Esbocé una sonrisa para hacerle ver que no importaba y giré la silla acomodándome frente al ordenador.

—¿Qué tal estas?

Buena pregunta.

¿Qué tal estaba?

¿Cómo está una persona después de haber pasado el viernes por la noche en un garito mal iluminado, bebiendo, bailando y comiéndole la boca a su jefa? Pues así era como estaba. «Bien», no era la mejor respuesta.

¿O sí?

—Addison me ha dicho que te entregue esto —me tendió un sobre en la mesa y lo miré como si de una bomba nuclear se tratase. Vanesa sonrió—. No te asustes, no es nada malo. Es trabajo.

Obvio que era algo de trabajo pero me daba miedo abrir aquello. ¿Y si le había dado por jugar y lo que contenía dentro era una nota suya diciéndome lo bien que se lo pasó? ¿Y si era una foto suya? ¿Y si... y si era mi carta de despido?

—Abby... —dijo Vanesa dando unos golpes sobre la mesa. Parpadeé varias veces volviendo a la oficina, a la realidad y la miré—. Que de verdad que no es una bomba.

—Perdona, estoy un poco espesa esta mañana.

—¿Has desayunado? ¿Quieres tomar algo?

—No. Estoy bien.

—Vale, si necesitas lo que sea ya sabes —retrocedió unos pasos para salir por la puerta pero si giró para decirme—. Doña Addison sí que está rara esta mañana.

No me dio tiempo a decirle nada, tan pronto como me dijo esto, se dio la vuelta y salió de mi despacho. ¿Addison rara? ¿Y por qué? ¿Estaba nerviosa por si nos encontrábamos? ¿Dónde había quedado su aire de superioridad y su porte de: «yo soy la jefa, quítate que voy a pasar»? Si Addison estaba rara era porque no salía de su cabeza nuestro encuentro, sus palabras, el discreto beso que nos dimos. Apostaba a que ella también se quedó con ganas de más. O seguro que estaba rara porque no podía dejar de pensar en algún proyecto y no en mí.

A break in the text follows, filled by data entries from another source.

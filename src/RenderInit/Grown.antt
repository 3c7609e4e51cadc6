-- ===== src/RenderInit/Grown.antt =====
-- What the driver does between two writes of the registers that start a ring, as a `Frame`.
use mathlib.Core.Path.{subst}
use mathlib.Core.List.{append_assoc}
use nugpgpu.Prelude.{
  ℕ, ◌≡◌, ◌⊎◌, inl, inr, ◌∙◌, refl, ap, sym, Bool, false, List, [], ◌∷◌, ◌++◌, Bool-cases,
  if◌then◌else◌,
}
use nugpgpu.Platform.{Width, Platform}
use nugpgpu.Machine.{State}
use nugpgpu.Regrw.{gpu_write}
use nugpgpu.Regrw.Access.{gpu_read-Touches, gpu_write-Touches}
use nugpgpu.Regrw.Frame.{Place, Frame, hardware, place}
use nugpgpu.RenderInit.Controls.{
  is_control, control_writes, control_writes-hardware, gpu_read-controls, gpu_write-controls,
}

-- Every write of a list is of a register with the property.
abbrev pub AllOf : (ℕ → Type 0) → List (ℕ × ℕ) → Type 0
AllOf P [] = Unit {0}
AllOf P ((reg, v) ∷ l) = P reg × AllOf P l

AllOf-append : (P : ℕ → Type 0) (l m : List (ℕ × ℕ)) → AllOf P l → AllOf P m → AllOf P (l ++ m)
AllOf-append P [] m x y = y
AllOf-append P ((reg, v) ∷ l) m (first, x) y = (first, AllOf-append P l m x y)

-- From `s` to `t` only registers with the property were written, among those that start a ring.
pub record Grown {W : Type 0} (P : ℕ → Type 0) (s t : State W) : Type 0 where
  pub regs : t.regs ≡ s.regs
  pub placed : place t.ring ≡ place s.ring
  pub new : List (ℕ × ℕ)
  pub grows : control_writes s.regs t.log ≡ new ++ control_writes s.regs s.log
  pub only : AllOf P new

module _ {W : Type 0} (P : ℕ → Type 0) where
  abbrev pub Grown-refl : (s : State W) → Grown P s s
  Grown-refl s = record { regs = refl; placed = refl; new = []; grows = refl; only = tt }

  pub Grown-trans : {s t u : State W} → Grown P s t → Grown P t u → Grown P s u
  Grown-trans {s} {t} {u} x y = record {
    regs = y.regs ∙ x.regs;
    placed = y.placed ∙ x.placed;
    new = y.new ++ x.new;
    grows =
        subst (λ r. control_writes r u.log ≡ y.new ++ control_writes r t.log) x.regs y.grows
        ∙ ap (λ l. y.new ++ l) x.grows
        ∙ sym (append_assoc y.new x.new (control_writes s.regs s.log));
    only = AllOf-append P y.new x.new y.only x.only;
  }

  pub Grown-unseen :
      {s t : State W} (u : State W)
      → Grown P s t
      → u.regs ≡ t.regs
      → hardware u.log ≡ hardware t.log
      → place u.ring ≡ place t.ring
      → Grown P s u
  Grown-unseen {s} {t} u h regs log ring = record {
    regs = regs ∙ h.regs;
    placed = ring ∙ h.placed;
    new = h.new;
    grows =
        sym (control_writes-hardware s.regs u.log)
        ∙ ap (control_writes s.regs) log
        ∙ control_writes-hardware s.regs t.log
        ∙ h.grows;
    only = h.only;
  }

  pub gpu_write-Grown :
      ⦃p : Platform W⦄ (w : Width) (reg val : ℕ) (t : State W)
      → (is_control reg ≡ false) ⊎ P reg
      → Grown P t (gpu_write w reg val t).1
  gpu_write-Grown w reg val t ok =
      let (before, after, touched) = gpu_write-Touches w reg val t in
      let old = control_writes t.regs t.log in
      let seen = gpu_write-controls w reg val t in
      let pick : Bool → List (ℕ × ℕ) = λ b. if b then (reg, val) ∷ old else old in
      elim (Bool-cases (is_control reg)) [
        | inl e ↦ record {
          regs = touched.regs;
          placed = ap place touched.ring;
          new = (reg, val) ∷ [];
          grows = seen ∙ ap pick e;
          only = (elim ok [ inl other ↦ absurd cc | inr within ↦ within ], tt);
        }
        | inr e ↦ record {
          regs = touched.regs;
          placed = ap place touched.ring;
          new = [];
          grows = seen ∙ ap pick e;
          only = tt;
        }
      ]

-- The driver, while it writes none of the registers that start a ring but those of the property.
abbrev pub grown : {W : Type 0} → ⦃p : Platform W⦄ → (ℕ → Type 0) → Frame W
grown P = record {
  rel = Grown P;
  allowed = λ reg. (is_control reg ≡ false) ⊎ P reg;
  rel_refl = Grown-refl P;
  rel_trans = Grown-trans P;
  unseen = λ u h regs log count ring. Grown-unseen P u h regs log ring;
  based = λ h. ap (λ (x : Place). x.mmio_base) h.placed;
  read_keeps = λ w reg t.
      let (error, touched) = gpu_read-Touches w reg t in
      record {
        regs = touched.regs;
        placed = ap place touched.ring;
        new = [];
        grows = gpu_read-controls w reg t;
        only = tt;
      };
  write_keeps = λ w reg val t ok. gpu_write-Grown P w reg val t ok;
}
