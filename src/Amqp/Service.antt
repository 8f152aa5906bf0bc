-- ===== src/Amqp/Service.antt =====
-- commlib/transports/amqp.py: RPCService.
-- The broker hands a request over while fewer than `prefetch_count` are not acknowledged, as
-- basic_qos has it; a request that it keeps back is not in the model. The requests are handled one after
-- the other.
use commlib_py.Prelude.{ℕ, ◌+◌, Option, none, some, List, [], ◌∷◌, ◌++◌, if◌then◌else◌, ltb}
use commlib_py.Amqp.Client.{Answer}

-- How `on_request` ends, with the request made for it: with a response, with an exception, or with what
-- has no `model_dump`.
pub data Invoked (Value : Type 0) : Type 0 where
  responds : Value → Invoked Value
  raises no_response : Invoked Value

-- A request: the correlation id in its properties, and its body. Its `reply_to` is the caller's.
pub record Request (Payload : Type 0) : Type 0 where
  pub correlation_id : Option ℕ
  pub body : Payload

-- `decode` is _unpack_comm_msg, `none` for an exception, and `encode` the serialization in
-- _send_response, `none` if it raises. `empty` is {} or `msg_type.Response()`.
pub record RpcService (Value Payload : Type 0) : Type 0 where
  pub decode : Payload → Option Value
  pub encode : Value → Option Payload
  pub on_request : Value → Invoked Value
  pub empty : Value

pub record Serving (Payload : Type 0) : Type 0 where
  -- `_max_workers`, the prefetch count
  pub max_workers : ℕ
  -- the requests that were handed over and not acknowledged
  pub unacked : ℕ
  pub answered : List (Answer Payload)

module _ {Value Payload : Type 0} (v : RpcService Value Payload) where
  -- _invoke_onrequest_callback; `none` is an exception that leaves it.
  unfoldable pub invoke_onrequest_callback : Value → Option Value
  invoke_onrequest_callback fields = elim (v.on_request fields) [
    | responds r ↦ some r
    | raises ↦ some v.empty
    | no_response ↦ none
  ]

  -- _send_response: the answer goes out, and the request is acknowledged.
  unfoldable pub send_response : Value → Option ℕ → Serving Payload → Serving Payload
  send_response r correlation_id w = elim (v.encode r) [
    | none ↦ record w { unacked = w.unacked + 1 }
    | some body ↦ record w {
      answered = w.answered ++ record { correlation_id = correlation_id; body = body } ∷ [];
    }
  ]

  -- _on_request_callback: what raises is logged.
  unfoldable pub on_request_callback : Request Payload → Serving Payload → Serving Payload
  unfolding invoke_onrequest_callback send_response
  on_request_callback q w = elim (v.decode q.body) [
    | none ↦ record w { unacked = w.unacked + 1 }
    | some fields ↦ elim (invoke_onrequest_callback fields) [
      | none ↦ record w { unacked = w.unacked + 1 }
      | some r ↦ send_response r q.correlation_id w
    ]
  ]

  -- run_forever with these requests in the queue
  unfoldable pub serve : List (Request Payload) → Serving Payload → Serving Payload
  unfolding on_request_callback
  serve [] w = w
  serve (q ∷ more) w =
      serve more (if ltb w.unacked w.max_workers then on_request_callback q w else w)
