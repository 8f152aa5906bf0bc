-- ===== src/Amqp/Serving.antt =====
-- commlib/transports/amqp.py: what an RPCService answers, and when it stops to.
use commlib_py.Prelude.{
  ◌+◌, ◌≡◌, ◌≤◌, ◌<◌, refl, ◌∙◌, ap, none, some, List, [], ◌∷◌, ◌++◌, map, All, length, append-nil,
  append_assoc, sym, arith, ltb, if◌then◌else◌,
}
use commlib_py.Amqp.Client.{Answer}
use commlib_py.Amqp.Service.{
  Request, RpcService, Serving, invoke_onrequest_callback, send_response, on_request_callback,
  serve,
}

module _ {Value Payload : Type 0} (v : RpcService Value Payload) where
  -- The request is answered with this body.
  abbrev pub Answers : Request Payload → Payload → Type 0
  Answers q body =
      (fields : Value) × (r : Value) × (v.decode q.body ≡ some fields)
      × (invoke_onrequest_callback v fields ≡ some r)
      × (v.encode r ≡ some body)

  answer_of :
      (q : Request Payload) (body : Payload) (w : Serving Payload)
      → Answers q body
      → on_request_callback v q w ≡ record w {
        answered = w.answered ++ record { correlation_id = q.correlation_id; body = body } ∷ [];
      }
  unfolding on_request_callback send_response
  answer_of q body w (fields, r, d, i, e) = ground arith

  full :
      (qs : List (Request Payload)) (w : Serving Payload)
      → w.max_workers ≤ w.unacked
      → serve v qs w ≡ w
  unfolding serve
  full [] w h = refl
  full (q ∷ qs) w h = ground (arith, full qs w h)

  -- Requests that can be read and answered: each one is answered under its own correlation id, in
  -- order, and all of them are acknowledged.
  pub serve_readable :
      (qs : List (Request Payload × Payload)) (w : Serving Payload)
      → w.unacked < w.max_workers
      → All (λ q. Answers q.0 q.1) qs
      → serve v (map (λ q. q.0) qs) w ≡ record w {
        answered =
            w.answered ++ map (λ q. record { correlation_id = q.0.correlation_id; body = q.1 }) qs;
      }
  unfolding serve
  serve_readable [] w h a = ap (λ l. record w { answered = l }) (sym (append-nil w.answered))
  serve_readable (q ∷ qs) w h (a, more) =
      let body : Answer Payload = record { correlation_id = q.0.correlation_id; body = q.1 } in
      let w1 = record w { answered = w.answered ++ body ∷ [] } in
      let first : (if ltb w.unacked w.max_workers then on_request_callback v q.0 w else w) ≡ w1 =
        ground (arith, answer_of q.0 q.1 w a) in
      ap (serve v (map (λ q. q.0) qs)) first
      ∙ serve_readable qs w1 h more
      ∙ ap (λ l. record w { answered = l })
          (append_assoc w.answered (body ∷ [])
            (map (λ q. record { correlation_id = q.0.correlation_id; body = q.1 }) qs))

  -- Each request that cannot be read stays without an acknowledgement; once there have been as many as
  -- the service has workers, no request is answered any more, whatever it is.
  pub serve_starves :
      (bad qs : List (Request Payload)) (w : Serving Payload)
      → All (λ q. v.decode q.body ≡ none) bad
      → w.max_workers ≤ w.unacked + length bad
      → (serve v (bad ++ qs) w).answered ≡ w.answered
  unfolding serve on_request_callback
  serve_starves [] qs w b h = ground (arith, full qs w)
  serve_starves (q ∷ bad) qs w (b, bs) h =
      ground
        (arith, full (bad ++ qs) w, serve_starves bad qs (record w { unacked = w.unacked + 1 }) bs)
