-- ===== src/Amqp/Subscriber.antt =====
-- commlib/transports/amqp.py: Subscriber, up to the channel that it consumes from. `decode` is the
-- decompression with the serializer, `none` when it raises.
use commlib_py.Prelude.{
  ℕ, suc, ◌+◌, ◌≡◌, refl, Bool, true, false, Option, none, some, if◌then◌else◌, arith,
}
use commlib_py.Amqp.Transport.{
  AmqpTransport, channel_open, Net, Opened, opens, connects, new_amqp_transport, dedicate, acquire,
  end_connect, connect_by, create_channel_by, connect, has_no_channel,
}

pub record AmqpSubscriber : Type 0 where
  pub transport : AmqpTransport
  pub closing : Bool
  -- how often the deletion of its queue was asked for
  pub deletions : ℕ

-- Subscriber.__init__, without a connection of the caller
unfoldable pub new_subscriber : ℕ → Bool → AmqpSubscriber
unfolding new_amqp_transport
new_subscriber key use_shared_connection = record {
  transport = new_amqp_transport key none use_shared_connection;
  closing = false;
  deletions = 0;
}

-- Subscriber.run_forever: `self._transport.start()`, which does not look at what `connect` returns.
unfoldable pub start_consumer : (ℕ → Opened) → ℕ → AmqpSubscriber → Net → AmqpSubscriber × Net
unfolding connect
start_consumer channels depth s n =
    let ended = connect channels depth s.transport n in (record s { transport = ended.1 }, ended.2)

-- Subscriber.close
unfoldable pub close_subscriber : AmqpSubscriber → AmqpSubscriber
unfolding has_no_channel
close_subscriber s =
    if s.closing
    then s
    else if has_no_channel s.transport.channel
    then s
    else record s { closing = true; deletions = s.deletions + 1 }

-- Subscriber.stop
unfoldable pub stop_subscriber : AmqpSubscriber → AmqpSubscriber
unfolding close_subscriber
stop_subscriber s = close_subscriber s

module _ {Payload Value : Type 0} (decode : Payload → Option Value) (empty : Value) where
  -- _on_msg_callback_wrapper: what `onmessage` is called with, if there is one; a payload that
  -- cannot be read is {}.
  unfoldable pub on_msg_callback : Option (Value → Option Value) → Payload → Option Value
  on_msg_callback none body = elim (decode body) [ none ↦ some empty | some v ↦ some v ]
  on_msg_callback (some read) body = elim (decode body) [ none ↦ read empty | some v ↦ read v ]

-- A subscriber that stops asks for the deletion of its queue once, however often it is stopped, but keeps
-- its transport: the transport stays connected, and its connection open.
pub stop_subscriber-start_consumer :
    (channels : ℕ → Opened) (depth key : ℕ) (n : Net)
    → channels n.asked ≡ opens
    → (s : AmqpSubscriber) × (n1 : Net) × (c : ℕ) × (start_consumer channels
          (suc depth)
          (new_subscriber key false)
          n
        ≡ (s, n1))
      × ((stop_subscriber (stop_subscriber s)).deletions ≡ 1)
      × ((stop_subscriber s).transport.connected ≡ true)
      × ((stop_subscriber s).transport.connection ≡ some c)
      × (n1.pool.is_open c ≡ true)
unfolding start_consumer new_subscriber stop_subscriber close_subscriber has_no_channel
stop_subscriber-start_consumer channels depth key n o =
    let t : AmqpTransport = record {
      key = key;
      connection = some n.pool.created;
      channel = some channel_open;
      use_shared_connection = false;
      owns_connection = true;
      connected = true;
    } in
    let n1 = record n { pool = (dedicate n.pool).1; asked = n.asked + 1 } in
    let ends : connect channels (suc depth) (new_amqp_transport key none false) n
        ≡ (connects true, t, n1) =
      unfold connect connect_by acquire dedicate new_amqp_transport create_channel_by end_connect in
      ground (arith, o) in
    (
      record { transport = t; closing = false; deletions = 0 },
      n1,
      n.pool.created,
      ground (arith, ends),
      refl,
      refl,
      refl,
      unfold dedicate in ground arith,
    )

Me concentré en el trabajo, hice varios artículos y preparé dos o tres publicaciones para Instagram. No me llevó mucho más de dos horas. Trabajo bien repartido. Cada vez se me daba mejor aquello. Mi capacidad para crear era sorprendente. Hasta yo misma alucinaba con la rapidez con la que podía crear un artículo. Y no uno cualquiera sino uno goloso y atractivo.

Si había un supuesto viaje con Addison y un miembro de la empresa, ese miembro era yo. Rendía más que todos esos paletos juntos, más que el estúpido de Álvaro. Addison tenía que ir conmigo a ese viaje. ¡Oh, y qué viaje íbamos a pasar! No se arrepentiría en absoluto de su elección.

A las doce me fui a la sala de descanso. Me tomé un café con doble de azúcar y un donut de chocolate. Estuve mirando una revista cutre de la mesa mientras el café se enfriaba un poco y mi sufrimiento empezó cuando Álvaro cruzó la puerta (¿acaso me olía y venía cuando yo estaba en mi momento?).

—Buenos días —dijo sin mirarme.

—Hola.

—Vaya, te has dignado a contestar —metió la moneda en la máquina y esperó.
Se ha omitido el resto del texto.